# used BM Regal on a wall and half..rest with super hide



## flashme18 (May 15, 2008)

been working on my parents bedroom as a surprise while they are away the last few days. Working at night after I get home from work. Bought one gallon of super hide eggshell and ran out of paint with one short wall left and 3 feet on another wall. My paint supplier was closed and only Ace was open at 7. They dont carry super hide in eggshell.

So I figured I would try to use Regal eggshell. Well Regal has a higher sheen I guess. The last stretch is a little shinier. I can see exactly where I painted with the Regal v. super hide.

woke up early and bought the super hide this morning...Will I have to paint the entire room again with another coat? Or, can I get buy with sanding the regall a bit and rolling out the super hide over the Regal on that one wall and 3 feet of the other? Will it blend properly? 

My parents get home tomorrow and need to have this done tonight! 

Thanks.


----------



## ewingpainting.net (Jun 2, 2008)

You should at least go corner to corner.


----------



## Workaholic (Apr 17, 2007)

ewingpainting.net said:


> You should at least go corner to corner.


I agree with Gabe.


My family's home gets painted with what ever I have around here.


----------



## TooledUp (May 17, 2008)

That's a DIY question if I ever heard one :whistling2:


----------



## DeanV (Apr 18, 2007)

At least paint as many complete walls with the Regal as possible. SuperHide flat is fine for a dead flat, but that is it. A cheap eggshell still is not washable.


----------



## flashme18 (May 15, 2008)

painted the two sections of wall..looks fine...my paint store rep thought super hide was right for the job. No sense in spending extra on paint when the house is going up for sale in a few months. The new owners will repaint anyway.


----------



## tsunamicontract (May 3, 2008)

that sounds like a question that "hire a painter" is the answer to . . .


----------



## flashme18 (May 15, 2008)

thanks dean and ewing... 

why answer a post if you have nothing to contribute but busting my balls.


----------



## TooledUp (May 17, 2008)

flashme18 said:


> thanks dean and ewing...
> 
> why answer a post if you have nothing to contribute but busting my balls.

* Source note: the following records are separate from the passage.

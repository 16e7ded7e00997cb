-- ===== src/Application/Runs.antt =====
-- main/main.c: a request, the round of the cleanup task, and every sequence of what can befall the
-- relay that was started.
use wisp_esp.Base.{
  ℕ, ◌+◌, ◌^◌, ◌<◌, ◌≡◌, refl, sym, inl, inr, ◌∙◌, subst, Option, none, some, arith, count_where,
}
use wisp_esp.Protocol.{Bytes}
use wisp_esp.Storage.Cleanup.{cleanup_cycle-IsValid}
use wisp_esp.WsServer.{EspErr, Peer, is_fd}
use wisp_esp.WsServer.Invariant.{IsOpen}
use wisp_esp.WsServer.Frames.{
  Request, Action, message, nothing, info_page, close_reply, pong, ws_handler,
}
use wisp_esp.WsServer.Attending.{ws_handler-Fair}
use wisp_esp.Relay.{Platform, Relay, Moment}
use wisp_esp.Application.{
  on_ws_message, socket_opened, socket_closed, with_request, request_received, cleanup_round,
}
use wisp_esp.Application.Handling.{Laws}
use wisp_esp.Application.Dispatching.{on_ws_message-Handled}
use wisp_esp.Application.Invariant.{
  IsSound, reserved-IsSound, socket_opened-IsSound, Handled-IsSound, socket_closed-IsSound,
}

module _ {p : Platform} (base : ℕ) (laws : Laws p) where
  -- The request at hand is noted and forgotten.
  noted-IsSound :
      (r : Relay p) (c : Option ℕ)
      → IsSound base r
      → IsSound base (record r { server = record r.server { current = c } })
  noted-IsSound r c v =
      reserved-IsSound base r (record r.server { current = c }) v
        (record { size = v.server.size; counted = v.server.counted; single = v.server.single })
        v.installed v.hook λ fd. omega arith

  with_request-IsSound :
      (r : Relay p) (m : Moment p) (fd : ℕ) (json : Bytes)
      → r.store.engine.next_file_index + 1 < 2 ^ 32
      → IsSound base r
      → IsOpen r.server fd
      → IsSound base (with_request r m fd json)
  unfolding with_request
  with_request-IsSound r m fd json space v here =
      let r0 = record r { server = record r.server { current = some fd } } in
      let v0 = noted-IsSound r (some fd) v in
      let r1 = on_ws_message r0 m fd json in
      noted-IsSound r1 none (
        Handled-IsSound base laws r0 r1 fd v0 here
          (on_ws_message-Handled base fd laws m r0 json space v0.working))

  acted-IsSound :
      (r : Relay p) (m : Moment p) (fd : ℕ) (result : EspErr) (action : Action)
      → r.store.engine.next_file_index + 1 < 2 ^ 32
      → IsSound base r
      → IsOpen r.server fd
      → ((fd' : ℕ) (json : Bytes) → action ≡ message fd' json → fd' ≡ fd)
      → IsSound base
          (elim action as (λ x. EspErr × Relay p) [
            | message fd' json ↦ (result, with_request r m fd' json)
            | nothing ↦ (result, r)
            | info_page ↦ (result, r)
            | close_reply ↦ (result, r)
            | pong bytes ↦ (result, r)
          ]).1
  acted-IsSound r m fd result (message fd' json) space v here target =
      with_request-IsSound r m fd' json space v
        (subst (IsOpen r.server) (sym (target fd' json refl)) here)
  acted-IsSound r m fd result nothing space v here target = v
  acted-IsSound r m fd result info_page space v here target = v
  acted-IsSound r m fd result close_reply space v here target = v
  acted-IsSound r m fd result (pong bytes) space v here target = v

  -- A request or a frame from an open socket keeps the relay sound.
  pub request_received-IsSound :
      (r : Relay p) (m : Moment p) (micros : ℕ) (req : Request)
      → r.store.engine.next_file_index + 1 < 2 ^ 32
      → IsSound base r
      → IsOpen r.server req.fd
      → IsSound base (request_received r m micros req).1
  unfolding request_received
  request_received-IsSound r m micros req space v here =
      let out = ws_handler micros r.server req in
      let fair = ws_handler-Fair micros r.server req v.server in
      let v1 =
        reserved-IsSound base r out.2 v fair.server.valid (fair.server.installed ∙ v.installed)
          (fair.server.hook ∙ v.hook) (λ fd. omega (arith, fair.server.counts fd)) in
      acted-IsSound (record r { server = out.2 }) m req.fd out.0 out.1 space v1
        (omega (arith, here, fair.server.counts req.fd)) fair.target

  -- A round of the cleanup task keeps the relay sound.
  pub cleanup_round-IsSound :
      (r : Relay p) (cycles time : ℕ)
      → IsSound base r
      → IsSound base (cleanup_round r cycles time).1
  unfolding cleanup_round
  cleanup_round-IsSound r cycles time v = record {
    working = record {
      table = v.working.table;
      index =
          cleanup_cycle-IsValid p.lib p.fs p.nvs cycles r.store.engine time r.store.files
            r.store.saved v.working.index;
      buckets = v.working.buckets;
      has_subs = v.working.has_subs;
      has_storage = v.working.has_storage;
      has_limiter = v.working.has_limiter;
    };
    server = v.server;
    installed = v.installed;
    hook = v.hook;
    tracked = λ fd. elim (v.tracked fd) [
      | inl o ↦ inl o
      | inr f ↦ inr (record { bucket = f.bucket; subs = f.subs })
    ];
  }

-- What can befall the relay: a socket that was not open opens, one closes, a request or a frame
-- arrives on an open one while a file number is left, or the cleanup task does its round.
pub data Step {p : Platform} (r : Relay p) : Relay p → Type 1 where
  opens :
      (peer : Peer) (micros fd : ℕ)
      → count_where (is_fd fd) r.server.connections ≡ 0
      → Step r (socket_opened r peer micros fd)
  closes : (fd : ℕ) → Step r (socket_closed r fd)
  receives :
      (m : Moment p) (micros : ℕ) (req : Request)
      → IsOpen r.server req.fd
      → r.store.engine.next_file_index + 1 < 2 ^ 32
      → Step r (request_received r m micros req).1
  cleans : (cycles time : ℕ) → Step r (cleanup_round r cycles time).1

pub data Reach {p : Platform} (r : Relay p) : Relay p → Type 1 where
  here : Reach r r
  then_step : {r' r'' : Relay p} → Reach r r' → Step r' r'' → Reach r r''

pub Step-IsSound :
    {p : Platform} (base : ℕ) (laws : Laws p) (r r' : Relay p)
    → IsSound base r
    → Step r r'
    → IsSound base r'
Step-IsSound base laws r _ v (opens peer micros fd new) =
    socket_opened-IsSound base r peer micros fd v new
Step-IsSound base laws r _ v (closes fd) = (socket_closed-IsSound base laws r fd v).0
Step-IsSound base laws r _ v (receives m micros req on space) =
    request_received-IsSound base laws r m micros req space v on
Step-IsSound base laws r _ v (cleans cycles time) = cleanup_round-IsSound base laws r cycles time v

-- Let the platform keep its laws. A sound relay stays sound through any sequence of these steps: a
-- socket that was not open opens, a socket closes, a request or a frame arrives on an open socket
-- while a file number is left, the cleanup task does its round. Its tables stay valid, the memory of
-- the subscriptions is all accounted for, and only open sockets have a bucket or a subscription.
pub Reach-IsSound :
    {p : Platform} (base : ℕ) (laws : Laws p) (r r' : Relay p)
    → IsSound base r
    → Reach r r'
    → IsSound base r'
Reach-IsSound base laws r _ v here = v
Reach-IsSound base laws r _ v (then_step {r'} {r''} before step) =
    Step-IsSound base laws r' r'' (Reach-IsSound base laws r r' v before) step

Because you're a DIYer. Almost every question you've asked has been pretty basic. Have you finished your parent's home yet home yet?


----------



## NCPaint1 (Aug 6, 2009)

TooledUp said:


> Because you're a DIYer. Almost every question you've asked has been pretty basic. Have you finished your parent's home yet home yet?


 
No problem with DIY, thats how you learn. You do things, screw up, and re-do them, and hopefully learn from it. Super Hide is cheap, but for what he's doing, its fine. 

BUT.....for future reference. 
3 coats super hide...so lets say 3 gallons. 3 x $19 = $57 + 3 trips to the store

1 coat AURA 1 x $50 = $50 + 1 trip to the store.

Show me where the savings was by going cheap?


----------



## TooledUp (May 17, 2008)

NCPaint1 said:


> No problem with DIY, thats how you learn. You do things, screw up, and re-do them, and hopefully learn from it.


ROTFLOLLALOC :lol: :lol: :lol: :laughing: Ya gotta love the hacks


----------



## tntpainting (Apr 3, 2008)

You Guys Are Brutal


----------



## flashme18 (May 15, 2008)

TooledUp said:


> Because you're a DIYer. Almost every question you've asked has been pretty basic. Have you finished your parent's home yet home yet?


 
I had a painting business for a few years, struggled and moved onto a new career in the financial world. 

What are the qualifications necessary to post here? No new painters? 5-10 years experience only? Must have 10 employees? Gimme a break. In any business, you better learn on the go, or not even bother being an entrepreneur. 

There is no one in the world that knows all the answers. So no need for that holier than thou BS.


----------



## TJ Paint (Jun 18, 2009)

flashme18 said:


> I had a painting business for a few years, struggled and moved onto a new career in the financial world.
> 
> What are the qualifications necessary to post here? No new painters? 5-10 years experience only? Must have 10 employees? Gimme a break. In any business, you better learn on the go, or not even bother being an entrepreneur.
> 
> There is no one in the world that knows all the answers. So no need for that holier than thou BS.


Maybe thats how the financial crisis developed. Nobody knew what they were doing.


----------



## chrisn (Jul 15, 2007)

[ 
There is no one in the world that knows all the answers. So no need for that holier than thou BS.[/quote]


Bill does!:blink::yes::notworthy:


----------